Entretien réalisé par Pierre-Louis Gourdoux

Laurence-Fontaine

Qu’est-ce qui vous a donné l’envie de vous intéresser au concept de son marché et à son histoire ?

Dans mon précédent livre je me suis intéressée à la question de l’accès au crédit. Je voulais comprendre comment fonctionnait ce marché, si les pauvres y avaient accès et dans quelles conditions.

J’ai voulu mettre en avant l’idée selon laquelle la pauvreté n’est pas un état, mais d’abord un risque. D’où la question : que font les gens pour ne pas tomber dans la pauvreté ? En cela le crédit est un élément de réponse essentiel ; pourtant, de nombreux obstacles ont longtemps barré la route du crédit aux plus modestes. Celui-ci a toujours été la bête noire des sociétés aristocratiques et religieuses. Pourtant, en France comme ailleurs, l’interdiction de l’intérêt a fini par tomber, au début, au Moyen Âge, grâce à des moines choqués par le développement de la pauvreté en ville : ils ont pensé qu’il fallait mieux aider les gens à ne pas y tomber plutôt que de tenter ensuite de les en sortir.

Pour parer aux crises économiques comme à la maladie, les pauvres ont su développer de véritables stratégies financières, que j’ai rassemblées, avec les autres stratégies qu’ils développaient, sous le vocable d’« économie populaire » car plus de la moitié de la population pouvait, selon les conjonctures, devenir des pauvres. Toutes avaient en commun une remarquable compréhension des mécanismes de marché. En m’y intéressant, j’en suis logiquement venue à vouloir analyser les mécanismes du marché en général.

Le marché est-il intrinsèquement lié à l’être humain ? Peut-il y avoir être humain sans marché ?

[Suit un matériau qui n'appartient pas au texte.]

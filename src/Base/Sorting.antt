-- ===== src/Base/Sorting.antt =====
-- Laws of the order on texts and of `sorted`.
use mathlib.Core.Path.{◌≡◌, refl}
use mathlib.Core.Logic.{◌⊎◌, inl, inr}
use mathlib.Core.Bool.{Bool, true}
use mathlib.Core.List.{List, [], ◌∷◌}
use native.Mathlib.Omega.{arith}
use unitor_win64_driver.Base.Tests.{Bool-cases}
use unitor_win64_driver.Base.Lists.{All}
use unitor_win64_driver.Base.Strings.{Text}
use unitor_win64_driver.Base.Order.{text_le, insert_sorted, sorted}

pub text_le_total : (a b : Text) → (text_le a b ≡ true) ⊎ (text_le b a ≡ true)
text_le_total [] b = inl refl
text_le_total (x ∷ xs) [] = inr refl
text_le_total (x ∷ xs) (y ∷ ys) = ground (arith, text_le_total xs ys)

pub text_le_antisymm : (a b : Text) → text_le a b ≡ true → text_le b a ≡ true → a ≡ b
text_le_antisymm [] [] h k = refl
text_le_antisymm [] (y ∷ ys) h k = ground arith
text_le_antisymm (x ∷ xs) [] h k = ground arith
text_le_antisymm (x ∷ xs) (y ∷ ys) h k = ground (arith, text_le_antisymm xs ys)

pub text_le_trans : (a b c : Text) → text_le a b ≡ true → text_le b c ≡ true → text_le a c ≡ true
text_le_trans [] b c h k = refl
text_le_trans (x ∷ xs) [] c h k = ground arith
text_le_trans (x ∷ xs) (y ∷ ys) [] h k = ground arith
text_le_trans (x ∷ xs) (y ∷ ys) (z ∷ zs) h k = ground (arith, text_le_trans xs ys zs)

-- The laws of a total order, given as a Boolean test
pub record IsTotalOrder {ℓ} {A : Type ℓ} (le : A → A → Bool) : Type ℓ where
  pub total : (a b : A) → (le a b ≡ true) ⊎ (le b a ≡ true)
  pub antisymm : (a b : A) → le a b ≡ true → le b a ≡ true → a ≡ b
  pub trans : (a b c : A) → le a b ≡ true → le b c ≡ true → le a c ≡ true

module _ {ℓ κ} {A : Type ℓ} (le : A → A → Bool) (P : A → Type κ) where
  All-insert_sorted : (a : A) (xs : List A) → P a → All P xs → All P (insert_sorted le a xs)
  All-insert_sorted a [] h hs = (h, tt)
  All-insert_sorted a (x ∷ xs) h hs = elim (Bool-cases (le a x)) [
    | inl e ↦ rw e (h, hs)
    | inr e ↦ rw e (hs.0, All-insert_sorted a xs h hs.1)
  ]

  pub All-sorted : (xs : List A) → All P xs → All P (sorted le xs)
  All-sorted [] h = tt
  All-sorted (x ∷ xs) h = All-insert_sorted x (sorted le xs) h.0 (All-sorted xs h.1)

  insert_sorted-All : (a : A) (xs : List A) → All P (insert_sorted le a xs) → P a × All P xs
  insert_sorted-All a [] h = (h.0, tt)
  insert_sorted-All a (x ∷ xs) h = elim (Bool-cases (le a x)) [
    | inl e ↦ rw e at h
    | inr e ↦
        let (hx, rest) = rw e at h in let (ha, hs) = insert_sorted-All a xs rest in (ha, (hx, hs))
  ]

  pub sorted-All : (xs : List A) → All P (sorted le xs) → All P xs
  sorted-All [] h = tt
  sorted-All (x ∷ xs) h =
      let (hx, hs) = insert_sorted-All x (sorted le xs) h in (hx, sorted-All xs hs)

module _ {ℓ} {A : Type ℓ} (le : A → A → Bool) (order : IsTotalOrder le) where
  -- Every element is at most those behind it.
  pub data IsSorted : List A → Type ℓ where
    nil : IsSorted []
    cons : {a : A} {xs : List A} → All (λ x. le a x ≡ true) xs → IsSorted xs → IsSorted (a ∷ xs)

  pub insert_sorted_comm :
      (a b : A) (xs : List A)
      → insert_sorted le a (insert_sorted le b xs) ≡ insert_sorted le b (insert_sorted le a xs)
  insert_sorted_comm a b [] = ground (arith, order.total a b, order.antisymm a b)
  insert_sorted_comm a b (x ∷ xs) = ground (
    arith,
    order.total a b,
    order.antisymm a b,
    order.trans a b x,
    order.trans b a x,
    insert_sorted_comm a b xs,
  )

  All-le_trans :
      {a b : A} (xs : List A)
      → le a b ≡ true
      → All (λ x. le b x ≡ true) xs
      → All (λ x. le a x ≡ true) xs
  All-le_trans [] h k = tt
  All-le_trans {a} {b} (x ∷ xs) h k = (order.trans a b x h k.0, All-le_trans xs h k.1)

  insert_sorted-IsSorted : (a : A) {xs : List A} → IsSorted xs → IsSorted (insert_sorted le a xs)
  insert_sorted-IsSorted a nil = cons tt nil
  insert_sorted-IsSorted a (cons {a = x} {xs} h s) = elim (Bool-cases (le a x)) [
    | inl e ↦ rw e (cons (e, All-le_trans xs e h) (cons h s))
    | inr e ↦
        let back : le x a ≡ true = ground (arith, order.total a x) in
        rw e (
          cons (All-insert_sorted le (λ z. le x z ≡ true) a xs back h) (insert_sorted-IsSorted a s))
  ]

  pub sorted-IsSorted : (xs : List A) → IsSorted (sorted le xs)
  sorted-IsSorted [] = nil
  sorted-IsSorted (x ∷ xs) = insert_sorted-IsSorted x (sorted-IsSorted xs)
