-- ===== src/Base/Binary64.antt =====
-- Products of a natural number with a floating-point constant, rounded as IEEE 754 binary64 does.
use Prim.Native.Nat.{ℕ, zero, suc, ◌+◌, ◌-◌, ◌*◌, ◌/◌, ◌%◌, ◌^◌}
use unitor_win64_driver.Base.Tests.{ltb, ◌==◌, if◌then◌else◌}

-- `n.bit_length()`, on fuel
unfoldable pub bit_length : ℕ → ℕ → ℕ
bit_length zero n = 0
bit_length (suc fuel) n = let rest = bit_length fuel (n / 2) in if n == 0 then 0 else rest + 1

-- A significand kept to 53 bits: `q` with the remainder `r` of a division by `unit`, to even
abbrev pub round_even : ℕ → ℕ → ℕ → ℕ
round_even unit q r = if ltb (2 * r) unit then q else if ltb unit (2 * r) then q + 1 else q + q % 2

-- `int(n * c)` for the constant `c` = `significand` / 2 ^ `scale`. For `n` below 2 ^ 53 the exact
-- product has less than 107 bits, so the fuel of 128 is enough.
unfoldable pub int_times : ℕ → ℕ → ℕ → ℕ
int_times significand scale n =
    let exact = n * significand in
    let unit = 2 ^ (bit_length 128 exact - 53) in
    round_even unit (exact / unit) (exact % unit) * unit / 2 ^ scale

-- `int(n * 1.4)` and `int(n * 0.98)`
unfoldable pub int_times_1_4 : ℕ → ℕ
int_times_1_4 = int_times 6305039478318694 52

unfoldable pub int_times_0_98 : ℕ → ℕ
int_times_0_98 = int_times 8827055269646172 53
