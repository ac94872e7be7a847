-- ===== src/Base/Rounding.antt =====
-- Bounds on the rounded products.
use Prim.Native.Nat.{ℕ, zero, suc, ◌+◌, ◌-◌, ◌*◌, ◌/◌, ◌%◌, ◌^◌, ◌≤◌, ◌<◌}
use mathlib.Core.Path.{◌≡◌, refl, ap, ◌∙◌}
use mathlib.Core.Logic.{◌⊎◌, inl, inr}
use mathlib.Core.Bool.{false}
use native.Mathlib.Omega.{arith}
use native.Mathlib.Nat.{pow-zero, two-pow-succ, mul-add, mod-add-div', add-zero, add-suc}
use native.Mathlib.Numerals.{add-one}
use unitor_win64_driver.Base.Tests.{ltb, ◌==◌, Bool-cases}
use unitor_win64_driver.Base.Binary64.{bit_length, round_even, int_times, int_times_0_98}

bit_length-zero : (fuel : ℕ) → bit_length fuel 0 ≡ 0
unfolding bit_length
bit_length-zero zero = refl
bit_length-zero (suc fuel) = refl

-- No more bits are counted than the number has.
pow-bit_length : (fuel n : ℕ) → 0 < n → 2 ^ bit_length fuel n ≤ 2 * n
unfolding bit_length
pow-bit_length zero n h = omega arith
pow-bit_length (suc fuel) n h = elim (Bool-cases (n / 2 == 0)) [
  | inl e ↦
      let half : n / 2 ≡ 0 = ground arith in
      let none_left : bit_length fuel (n / 2) ≡ 0 = rw half (bit_length-zero fuel) in
      let pos : (n == 0) ≡ false = ground arith in rw (pos, none_left) (omega arith)
  | inr e ↦
      let pos : (n == 0) ≡ false = ground arith in
      rw (pos, add-one, two-pow-succ) (omega (arith, pow-bit_length fuel (n / 2) (ground arith)))
]

pow-add : (a b : ℕ) → 2 ^ (a + b) ≡ 2 ^ a * 2 ^ b
pow-add a zero = rw (add-zero, pow-zero) (omega arith)
pow-add a (suc b) =
    rw (add-suc, two-pow-succ (a + b), two-pow-succ b)
      (omega (arith, pow-add a b, mul-add (2 ^ a) (2 ^ b) (2 ^ b)))

even_or_odd : (q : ℕ) → (q % 2 ≡ 0) ⊎ (q % 2 ≡ 1)
even_or_odd q = omega arith

-- The rounded significand is off by half a unit at most.
round_even-bound :
    (unit q r exact : ℕ)
    → r + q * unit ≡ exact
    → 2 * (round_even unit q r * unit) ≤ 2 * exact + unit
round_even-bound unit q r exact e = elim (Bool-cases (ltb (2 * r) unit)) [
  | inl low ↦ rw low (omega arith)
  | inr not_low ↦ elim (Bool-cases (ltb unit (2 * r))) [
    | inl high ↦ let up : unit < 2 * r = ground arith in rw (not_low, high) (omega arith)
    | inr tie ↦
        let half : 2 * r ≡ unit = ground arith in
        rw (not_low, tie)
          (elim (even_or_odd q) [
            | inl even ↦ rw even (omega arith)
            | inr odd ↦ rw odd (omega arith)
          ])
  ]
]

-- The unit is twice the factor at most, or one.
unit-bound :
    (bits n : ℕ) → 2 ^ bits ≤ 2 * (n * 8827055269646172) → 53 ≤ bits → 2 ^ (bits - 53) ≤ 2 * n
unit-bound bits n h le =
    let split : bits ≡ bits - 53 + 53 = omega arith in
    let whole : 2 ^ bits ≡ 2 ^ (bits - 53) * 2 ^ 53 =
      ap (λ (b : ℕ). 2 ^ b) split ∙ pow-add (bits - 53) 53 in
    omega (arith, whole)

rounded-le :
    (n unit : ℕ)
    → unit ≤ 2 * n + 1
    → round_even unit (n * 8827055269646172 / unit) (n * 8827055269646172 % unit) * unit / 2 ^ 53
      ≤ n
rounded-le n unit h =
    let exact = n * 8827055269646172 in
    omega
      (arith, round_even-bound unit (exact / unit) (exact % unit) exact (mod-add-div' exact unit))

small_unit : (bits : ℕ) → bits < 53 → 2 ^ (bits - 53) ≡ 1
small_unit bits h = let e : bits - 53 ≡ 0 = omega arith in rw e

-- The rounded product with 0.98 is at most the factor.
pub int_times_0_98-le : (n : ℕ) → int_times_0_98 n ≤ n
unfolding int_times_0_98 int_times
int_times_0_98-le zero = rw (bit_length-zero 128) (omega arith)
int_times_0_98-le (suc n) =
    let exact = suc n * 8827055269646172 in
    let bits = bit_length 128 exact in
    let size = pow-bit_length 128 exact (omega arith) in
    elim (Bool-cases (ltb bits 53)) [
      | inl small ↦
          rounded-le (suc n) (2 ^ (bits - 53)) (omega (arith, small_unit bits (ground arith)))
      | inr big ↦
          rounded-le (suc n) (2 ^ (bits - 53))
            (omega (arith, unit-bound bits (suc n) size (ground arith)))
    ]
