-- ===== src/Quality/Lines.antt =====
-- `splitlines`, and the line measures of scripts/quality/lint-touched.py.
pub mod Nesting
use unitor_win64_driver.Base.{
  ℕ, zero, suc, ◌+◌, ◌-◌, ◌/◌, ◌%◌, ◌≡◌, refl, Bool, true, false, ◌&&◌, ◌||◌, not, Option, none,
  some, List, [], ◌∷◌, ◌++◌, min, max, Text, codes, ltb, leb, ◌==◌, if◌then◌else◌, length, take,
  drop, starts_with, strip,
}

pub data Lang : Type 0 where
  cpp scripts : Lang

-- The characters at which `str.splitlines` ends a line
unfoldable pub is_line_break : ℕ → Bool
is_line_break c =
    (leb 10 c && leb c 13) || (leb 28 c && leb c 30) || c == 0x85 || c == 0x2028 || c == 0x2029

abbrev last_line : Text → List Text
last_line [] = []
last_line (c ∷ cs) = (c ∷ cs) ∷ []

-- The line read so far, and whether a carriage return stands just before
unfoldable pub lines_from : Bool → Text → Text → List Text
unfolding is_line_break
lines_from after_cr line [] = last_line line
lines_from after_cr line (c ∷ cs) =
    let rest = lines_from (c == 13) (if is_line_break c then [] else line ++ c ∷ []) cs in
    if is_line_break c && not (after_cr && c == 10) then line ∷ rest else rest

unfoldable pub splitlines : Text → List Text
unfolding lines_from
splitlines = lines_from false []

abbrev comment_mark : Lang → Text
comment_mark scripts = codes "#"
comment_mark cpp = codes "//"

-- A line that is neither blank nor a comment
abbrev pub is_useful_line : Lang → Text → Bool
is_useful_line lang raw =
    let line = strip raw in not (length line == 0) && not (starts_with (comment_mark lang) line)

unfoldable pub useful_lines : Lang → List Text → ℕ
useful_lines lang [] = 0
useful_lines lang (raw ∷ lines) =
    let rest = useful_lines lang lines in if is_useful_line lang raw then rest + 1 else rest

unfoldable pub useful_line_count : Text → Lang → ℕ
unfolding splitlines useful_lines
useful_line_count text lang = useful_lines lang (splitlines text)

-- `lines[start - 1 : min(end, len(lines))]`, for a line number `start` from 1 on
abbrev pub line_range : List Text → ℕ → ℕ → List Text
line_range lines start end_ = take (end_ - (start - 1)) (drop (start - 1) lines)

-- `line.split("//", 1)[0]`
unfoldable pub before_comment : Text → Text
before_comment [] = []
before_comment (c ∷ cs) =
    let rest = c ∷ before_comment cs in if starts_with (codes "//") (c ∷ cs) then [] else rest

-- `depth` and `max_depth`
pub record Depth : Type 0 where
  pub depth : ℕ
  pub max_depth : ℕ

unfoldable pub brace : Depth → ℕ → Depth
brace d c =
    if c == b'{'
    then record { depth = d.depth + 1; max_depth = max d.max_depth (d.depth + 1) }
    else if c == b'}'
    then record d { depth = d.depth - 1 }
    else d

unfoldable pub scan_line : Depth → Text → Depth
scan_line d [] = d
scan_line d (c ∷ cs) = scan_line (brace d c) cs

unfoldable pub scan_lines : Depth → List Text → Depth
scan_lines d [] = d
scan_lines d (line ∷ lines) = scan_lines (scan_line d (before_comment line)) lines

unfoldable pub max_nesting_in_range : List Text → ℕ → ℕ → ℕ
max_nesting_in_range lines start end_ =
    (scan_lines (record { depth = 0; max_depth = 0 }) (line_range lines start end_)).max_depth - 1

-- The columns of white space that begin a line, with tab stops at every fourth column
unfoldable pub indent_width : ℕ → Text → ℕ
indent_width column [] = column
indent_width column (c ∷ cs) =
    let next = indent_width (if c == b'\t' then column + (4 - column % 4) else column + 1) cs in
    if c == b' ' || c == b'\t' then next else column

-- `base` and `max_rel`
pub record Indent : Type 0 where
  pub base : Option ℕ
  pub max_rel : ℕ

abbrev indent_step : Indent → ℕ → Option ℕ → Indent
indent_step s width none = record s { base = some width }
indent_step s width (some base) =
    if leb width base then s else record s { max_rel = max s.max_rel ((width - base) / 4) }

unfoldable pub indent_line : Indent → Text → Indent
unfolding indent_width
indent_line s raw =
    if is_useful_line scripts raw then indent_step s (indent_width 0 raw) s.base else s

unfoldable pub indent_lines : Indent → List Text → Indent
indent_lines s [] = s
indent_lines s (raw ∷ lines) = indent_lines (indent_line s raw) lines

unfoldable pub max_py_nesting_in_range : List Text → ℕ → ℕ → ℕ
max_py_nesting_in_range lines start end_ =
    (indent_lines (record { base = none; max_rel = 0 }) (line_range lines start end_)).max_rel

unfoldable pub nesting_for_function : Lang → List Text → ℕ → ℕ → ℕ
nesting_for_function scripts lines start end_ = max_py_nesting_in_range lines start end_
nesting_for_function cpp lines start end_ = max_nesting_in_range lines start end_
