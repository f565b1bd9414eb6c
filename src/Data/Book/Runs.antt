-- ===== src/Data/Book/Runs.antt =====
-- Any sequence of calls of a book builder.
use rs_quant.Base.{
  ℕ, inl, inr, Bool, true, false, Option, none, some, List, [], ◌∷◌, Result, ok, raise, Bool-cases,
}
use rs_quant.Core.Types.{Ident, truthy}
use rs_quant.Data.Book.Types.{Reason, IncomingEvent, stream_scope_mismatch, stale_feed}
use rs_quant.Data.Book.Sequence.{Contract}
use rs_quant.Data.Book.Builder.{
  Library, BookBuilder, new_builder, invalidate, begin_sync, synced, check_freshness, is_aged,
  BookError,
}
use rs_quant.Data.Book.Apply.{
  apply, ensure_epoch, synced_or_raised, after_epoch, event_scope, in_scope,
}
use rs_quant.Data.Book.Validity.{Served, IsSound, invalidate-IsSound, apply_epoch-IsSound}

-- A call of a builder.
pub data Call : Type 0 where
  sync : Ident → Call
  drop : Reason → Bool → Call
  age : ℕ → Call
  receive : IncomingEvent → Call

module _ (lib : Library) where
  -- The builder that a call leaves, if it raises too.
  unfoldable pub call : BookBuilder → Call → BookBuilder
  unfolding invalidate begin_sync check_freshness apply
  call b (sync e) = (synced_or_raised b (begin_sync b e)).0
  call b (drop r is_stale) = (invalidate b r is_stale).0
  call b (age now) = (check_freshness b now).0
  call b (receive event) = (apply lib b event).0

  unfoldable pub calls : BookBuilder → List Call → BookBuilder
  unfolding call
  calls b [] = b
  calls b (c ∷ cs) = calls (call b c) cs

synced-IsSound : (b : BookBuilder) (e : Ident) → IsSound b → IsSound (synced b e)
synced-IsSound b e h = ((tt, tt), (tt, tt), λ p. cc)

sync-IsSound :
    (b : BookBuilder) (e : Ident) → IsSound b → IsSound (synced_or_raised b (begin_sync b e)).0
unfolding begin_sync
sync-IsSound b e h = elim (Bool-cases (truthy e)) [
  | inl t ↦ rw t (synced-IsSound b e h)
  | inr t ↦ rw t h
]

ensure_epoch-IsSound :
    (b : BookBuilder) (e : Ident) (o : Option Ident) → IsSound b → IsSound (ensure_epoch b e o).0
unfolding begin_sync
ensure_epoch-IsSound b e (some old) h = h
ensure_epoch-IsSound b e none h = sync-IsSound b e h

check_freshness-IsSound :
    (b : BookBuilder) (now : ℕ) → IsSound b → IsSound (check_freshness b now).0
unfolding check_freshness
check_freshness-IsSound b now h = elim (Bool-cases (is_aged b now b.view)) [
  | inl t ↦ rw t (invalidate-IsSound b stale_feed true h)
  | inr t ↦ rw t h
]

module _ (lib : Library) where
  after_epoch-IsSound :
      (event : IncomingEvent) (p : BookBuilder × Result BookError (Unit {0}))
      → IsSound p.0
      → IsSound (after_epoch lib event p).0
  after_epoch-IsSound event (b, ok u) h = apply_epoch-IsSound lib b event h
  after_epoch-IsSound event (b, raise x) h = h

  apply-IsSound :
      (b : BookBuilder) (event : IncomingEvent) → IsSound b → IsSound (apply lib b event).0
  unfolding apply
  apply-IsSound b event h = elim (Bool-cases (in_scope b.scope (event_scope event))) [
    | inl t ↦ rw t (
        after_epoch-IsSound event
          (ensure_epoch (record b { scope = some (event_scope event) }) event.connection_epoch
            b.epoch)
          (ensure_epoch-IsSound (record b { scope = some (event_scope event) })
            event.connection_epoch b.epoch h))
    | inr t ↦ rw t (invalidate-IsSound b stream_scope_mismatch false h)
  ]

  call-IsSound : (b : BookBuilder) (c : Call) → IsSound b → IsSound (call lib b c)
  unfolding call
  call-IsSound b (sync e) h = sync-IsSound b e h
  call-IsSound b (drop r is_stale) h = invalidate-IsSound b r is_stale h
  call-IsSound b (age now) h = check_freshness-IsSound b now h
  call-IsSound b (receive event) h = apply-IsSound b event h

  calls-IsSound : (b : BookBuilder) (cs : List Call) → IsSound b → IsSound (calls lib b cs)
  unfolding calls
  calls-IsSound b [] h = h
  calls-IsSound b (c ∷ cs) h = calls-IsSound (call lib b c) cs (call-IsSound b c h)

  -- A builder serves a view exactly while its state is VALID, whatever calls it has had since it was
  -- made and whether or not they raised. The book of a view has both sides, is not crossed, holds no
  -- level of size zero, and lists each side strictly from its best price.
  pub calls-Served :
      (contract : Contract) (depth max_levels max_age_ns : ℕ) (cs : List Call)
      → let b = calls lib (new_builder contract depth max_levels max_age_ns) cs in
        Served b.state b.view
  unfolding new_builder
  calls-Served contract depth max_levels max_age_ns cs =
      (calls-IsSound (new_builder contract depth max_levels max_age_ns) cs
        ((tt, tt), (tt, tt), λ p. cc)).2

Toute interaction humaine, à moins d’imaginer des sociétés extraordinairement contraignantes, et encore, passe par des marchés, officiels ou officieux. Même le don n’échappe pas à cette logique. Le receveur évalue la valeur du don. Le système du Potlatch, analysé par Marcel Mauss, est particulier car le donneur montre sa puissance grâce à un don que personne ne peut égaler. Comme sur le marché, on échange une valeur contre quelque chose en retour.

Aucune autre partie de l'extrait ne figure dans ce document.